I'd like to do something good but I'm not sure what good is. It asks a question: Good for who? Good for what? The answer is always different.

If I conserve a gallon of water, doesn't that just encourage them (people, population growth, land development, etc.)? We know it won't go to reserved water rights for fish, animals, etc. so . . . if I have a water right, why not waste it?

Likewise with gasoline: If I conserve a gallon of gas, doesn't that just increase supply, thus reducing price and encouraging Rush Limbaugh to laugh all the way down the road in his Hummer?

I know improving the life of the poverty-stricken, along with education, is supposed to reduce their rates of procreation. However, if the environmental footprint of a better-off person is so much larger than many poverty-stricken people combined, where is the net gain in shipping my money or energy or efforts to the poor to improve their life?

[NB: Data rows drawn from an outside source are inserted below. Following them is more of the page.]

-- ===== src/Sdk/Verify/SignedIn.antt =====
-- packages/sdk/src/server.ts with signin.ts: the sign-in route, when verifySignIn answers it.
mod Tests
use vera_key.Prelude.{
  ℕ, ◌≡◌, inl, inr, refl, sym, ap, ◌∙◌, String, Bool, true, false, List, ◌++◌, Option, none, some,
  arith, Bool-cases, if◌then◌else◌, Option-cases,
}
use vera_key.Sdk.Values.{Value}
use vera_key.Sdk.Connect.{message_field}
use vera_key.Sdk.Viem.{Viem, text_of}
use vera_key.Sdk.MemoryStore.{Store}
use vera_key.Sdk.Session.{Player, Check}
use vera_key.Sdk.Payment.{Outcome, ok, refuses, crashes}
use vera_key.Sdk.SignIn.{
  NonceCookie, read_nonce, SignInVerdict, Site, sign_in, welcome, judge, player_of,
}
use vera_key.Sdk.SignIn.Replay.{IsSignedIn, sign_in-IsSignedIn}
use vera_key.Sdk.SignIn.Welcome.{IsWelcome, IsCurrent-read_nonce}
use vera_key.Sdk.Verify.{
  Deployment, Options, Statement, SignInCheck, run_checks, all_passed, well_formed, statement_of,
}
use vera_key.Sdk.Verify.Offline.{offline, inputs_of}
use vera_key.Sdk.Verify.Chain.{
  Node, Verdict, verify_sign_in, format_ok, checked, if_offline, finish, well_formed_checks,
}
use vera_key.Sdk.Verify.Laws.{IsVerified, valid-IsVerified}

-- The site: its origin, the deployment it trusts, its node, and the details of a verdict's checks.
pub record SiteChecks : Type 0 where
  pub viem : Viem
  pub node : Node
  pub origin : String
  pub deployment : Deployment
  pub details : List SignInCheck → List Check

abbrev pub options_for : SiteChecks → (nonce : String) → Options
options_for c nonce = record {
  origin = c.origin;
  nonce = nonce;
  deployment = c.deployment;
  has_prover = false;
  skip_on_chain_proof = false;
  now = none;
  max_ttl_seconds = none;
  clock_skew_seconds = none;
}

abbrev pub verdict_of : SiteChecks → Verdict → SignInVerdict
verdict_of c v = record {
  valid = v.valid;
  player_id = v.player_id;
  account = v.account;
  checks = c.details v.checks;
}

-- A site whose sign-ins are verified at a time, in milliseconds.
abbrev pub site_of : SiteChecks → (clock : ℕ) → (Player → Option String) → Site
site_of c clock on_sign_in = record {
  platform = c.viem.platform;
  verify_sign_in = λ result nonce.
      ok (verdict_of c (verify_sign_in c.viem c.node (options_for c nonce) clock result));
  on_sign_in = on_sign_in;
}

-- Who a verdict names.
pub record Names (v : Verdict) (id account : String) : Type 0 where
  pub valid : v.valid ≡ true
  pub player_id : v.player_id ≡ some id
  pub account_of : v.account ≡ some account

welcome-Names :
    (c : SiteChecks) (clock : ℕ) (on_sign_in : Player → Option String) (result : Value)
    (issued : String) (player : Player)
    → IsWelcome (site_of c clock on_sign_in) result issued player
    → Names
        (verify_sign_in c.viem c.node (options_for c issued) clock result)
        player.id
        player.account
welcome-Names c clock on_sign_in result issued player w =
    let v = verify_sign_in c.viem c.node (options_for c issued) clock result in
    let same : verdict_of c v ≡ w.verdict = ground (arith, w.answered) in
    record {
      valid = ap (λ x. x.valid) same ∙ w.is_valid;
      player_id = ap (λ x. x.player_id) same ∙ w.player_id;
      account_of = ap (λ x. x.account) same ∙ w.account_of;
    }

-- A valid verdict names this player and account.
abbrev NamesWhenValid : Verdict → (id account : String) → Type 0
NamesWhenValid v id account = v.valid ≡ true → (v.player_id ≡ some id) × (v.account ≡ some account)

finish-NamesWhenValid :
    (n : Node) (o : Options) (s : Statement) (account proof : String) (checks : List SignInCheck)
    (inputs : Option (List String))
    → NamesWhenValid (finish n o s account proof checks inputs) s.nullifier account
finish-NamesWhenValid n o s account proof checks none h = cc
finish-NamesWhenValid n o s account proof checks (some is) h = (simp h refl, simp h refl)

module _ (v : Viem) (n : Node) (o : Options) (clock : ℕ) (s : Statement) (result : Value) where
  if_offline-NamesWhenValid :
      (checks : List SignInCheck) (b : Bool)
      → NamesWhenValid
          (if_offline v n o s result checks b)
          s.nullifier
          (text_of (message_field "account" result))
  if_offline-NamesWhenValid checks true h =
      finish-NamesWhenValid n o s _ _ checks (inputs_of v o s result) h
  if_offline-NamesWhenValid checks false h = cc

  checked-NamesWhenValid :
      (formed : Option Bool)
      → NamesWhenValid
          (checked v n o clock s result formed)
          s.nullifier
          (text_of (message_field "account" result))
  checked-NamesWhenValid none h = cc
  checked-NamesWhenValid (some false) h = cc
  checked-NamesWhenValid (some true) h =
      if_offline-NamesWhenValid (well_formed_checks ++ run_checks (offline v o clock s result))
        (all_passed (run_checks (offline v o clock s result))) h

verify_sign_in-NamesWhenValid :
    (v : Viem) (n : Node) (o : Options) (clock : ℕ) (result : Value)
    → NamesWhenValid
        (verify_sign_in v n o clock result)
        (statement_of (message_field "statement" result)).nullifier
        (text_of (message_field "account" result))
unfolding verify_sign_in
verify_sign_in-NamesWhenValid v n o clock result h = elim (Bool-cases (format_ok result)) [
  | inl y ↦ simp y (
      checked-NamesWhenValid v n o clock (statement_of (message_field "statement" result)) result
        (well_formed v (message_field "statement" result) result) (simp y at h))
  | inr f ↦ absurd (let no : Path Bool false true = simp f at h in cc)
]

-- When verifySignIn answers the sign-in route, a player whom the route accepts is the one of the
-- statement and the account of the result, and the sign-in is verified in full for the unexpired
-- nonce of this browser's cookie: meant for this site and current, signed on VeraKey, proved on
-- the chain, and by an owner of the account.
pub sign_in-IsVerified :
    (c : SiteChecks) (on_sign_in : Player → Option String) (result : Value)
    (cookie : Option NonceCookie) (now : ℕ) (store : Store) (player : Player)
    → (sign_in (site_of c now on_sign_in) result cookie now store).0 ≡ ok player
    → (issued : String) × (read_nonce c.viem.platform now cookie ≡ some issued)
      × IsVerified c.viem c.node (options_for c issued) now result
      × (player.id ≡ (statement_of (message_field "statement" result)).nullifier)
      × (player.account ≡ text_of (message_field "account" result))
sign_in-IsVerified c on_sign_in result cookie now store player h =
    let s = sign_in-IsSignedIn (site_of c now on_sign_in) result cookie now store player h in
    let v = verify_sign_in c.viem c.node (options_for c s.issued) now result in
    let n = welcome-Names c now on_sign_in result s.issued player s.welcome_to in
    let proven = valid-IsVerified c.viem c.node (options_for c s.issued) now result n.valid in
    let (id, account) =
      verify_sign_in-NamesWhenValid c.viem c.node (options_for c s.issued) now result n.valid in
    (
      s.issued,
      IsCurrent-read_nonce c.viem.platform now cookie s.issued s.current,
      proven,
      ground (arith, id, n.player_id),
      ground (arith, account, n.account_of),
    )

In short, doesn't helping people just encourage them, thus threatening them long term? Can't working against the perceived interests of people actually inure to their benefit? On Scalia's concentric circles of care, can't caring for those entities mid-way in on the circle (strangers) actually threaten entities which lie further out (species, water, air, space), thus threatening the necessities of life in the center (self) and those closer in (family, friends, loved ones)?

What is good and why should I endeavor to do it? I don't want to give 100%, holding nothing in reserve, unless I feel good about the investment and the risk. On the other hand, I don't want to wake up dead someday regretting that I never went balls out for a good reason.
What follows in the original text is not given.